━━ GIVEN DATA ━━
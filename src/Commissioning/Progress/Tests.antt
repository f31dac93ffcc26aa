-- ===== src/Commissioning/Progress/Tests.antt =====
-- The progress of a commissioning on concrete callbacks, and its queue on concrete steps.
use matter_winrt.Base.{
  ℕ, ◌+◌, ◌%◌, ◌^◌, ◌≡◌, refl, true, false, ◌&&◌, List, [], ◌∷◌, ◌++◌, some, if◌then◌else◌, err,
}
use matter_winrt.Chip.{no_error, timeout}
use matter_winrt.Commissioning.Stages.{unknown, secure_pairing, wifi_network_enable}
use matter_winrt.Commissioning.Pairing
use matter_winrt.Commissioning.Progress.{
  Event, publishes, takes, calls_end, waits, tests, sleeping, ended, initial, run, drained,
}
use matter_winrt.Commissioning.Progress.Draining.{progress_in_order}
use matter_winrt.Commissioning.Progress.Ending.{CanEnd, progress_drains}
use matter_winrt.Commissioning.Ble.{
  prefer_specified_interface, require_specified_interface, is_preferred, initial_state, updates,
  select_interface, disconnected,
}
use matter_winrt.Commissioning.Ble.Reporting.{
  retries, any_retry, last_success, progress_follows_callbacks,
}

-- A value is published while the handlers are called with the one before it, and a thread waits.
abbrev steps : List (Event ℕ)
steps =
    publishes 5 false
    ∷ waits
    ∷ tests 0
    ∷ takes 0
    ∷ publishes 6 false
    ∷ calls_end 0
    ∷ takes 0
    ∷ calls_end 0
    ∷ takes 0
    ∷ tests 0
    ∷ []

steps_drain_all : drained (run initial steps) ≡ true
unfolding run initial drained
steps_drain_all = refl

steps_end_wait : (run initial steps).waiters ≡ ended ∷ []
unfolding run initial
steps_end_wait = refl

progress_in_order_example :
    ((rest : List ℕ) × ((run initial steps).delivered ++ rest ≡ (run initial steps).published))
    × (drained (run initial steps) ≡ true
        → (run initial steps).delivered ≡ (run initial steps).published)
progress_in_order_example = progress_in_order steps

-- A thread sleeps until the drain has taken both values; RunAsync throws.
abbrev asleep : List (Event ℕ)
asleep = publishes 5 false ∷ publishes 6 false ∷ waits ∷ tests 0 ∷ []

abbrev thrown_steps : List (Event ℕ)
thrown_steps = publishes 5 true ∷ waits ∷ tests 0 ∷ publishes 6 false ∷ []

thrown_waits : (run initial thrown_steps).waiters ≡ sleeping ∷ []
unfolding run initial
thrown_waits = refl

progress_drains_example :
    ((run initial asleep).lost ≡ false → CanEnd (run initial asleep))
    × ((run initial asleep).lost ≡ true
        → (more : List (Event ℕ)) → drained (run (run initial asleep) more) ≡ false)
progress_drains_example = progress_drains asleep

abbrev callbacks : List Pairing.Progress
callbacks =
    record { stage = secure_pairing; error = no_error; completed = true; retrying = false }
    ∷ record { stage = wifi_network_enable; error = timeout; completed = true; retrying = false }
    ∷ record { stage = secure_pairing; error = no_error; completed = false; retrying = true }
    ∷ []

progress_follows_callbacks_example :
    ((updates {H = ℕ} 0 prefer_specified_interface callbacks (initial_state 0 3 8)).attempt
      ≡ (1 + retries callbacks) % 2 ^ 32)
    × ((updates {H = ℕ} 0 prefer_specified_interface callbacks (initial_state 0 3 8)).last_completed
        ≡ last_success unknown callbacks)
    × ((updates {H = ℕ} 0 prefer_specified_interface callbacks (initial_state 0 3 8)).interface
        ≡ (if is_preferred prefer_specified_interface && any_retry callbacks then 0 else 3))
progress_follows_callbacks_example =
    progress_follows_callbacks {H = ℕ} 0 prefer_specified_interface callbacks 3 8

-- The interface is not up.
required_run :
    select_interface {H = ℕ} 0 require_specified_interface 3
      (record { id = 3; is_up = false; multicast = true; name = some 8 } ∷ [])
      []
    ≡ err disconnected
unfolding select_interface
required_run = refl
━━━
**WORK ITEM:**
Extract every line above that contains the word "record".

**OUTPUT FOR THIS EXERCISE:**
    record { stage = secure_pairing; error = no_error; completed = true; retrying = false }
    ∷ record { stage = wifi_network_enable; error = timeout; completed = true; retrying = false }
    ∷ record { stage = secure_pairing; error = no_error; completed = false; retrying = true }
      (record { id = 3; is_up = false; multicast = true; name = some 8 } ∷ [])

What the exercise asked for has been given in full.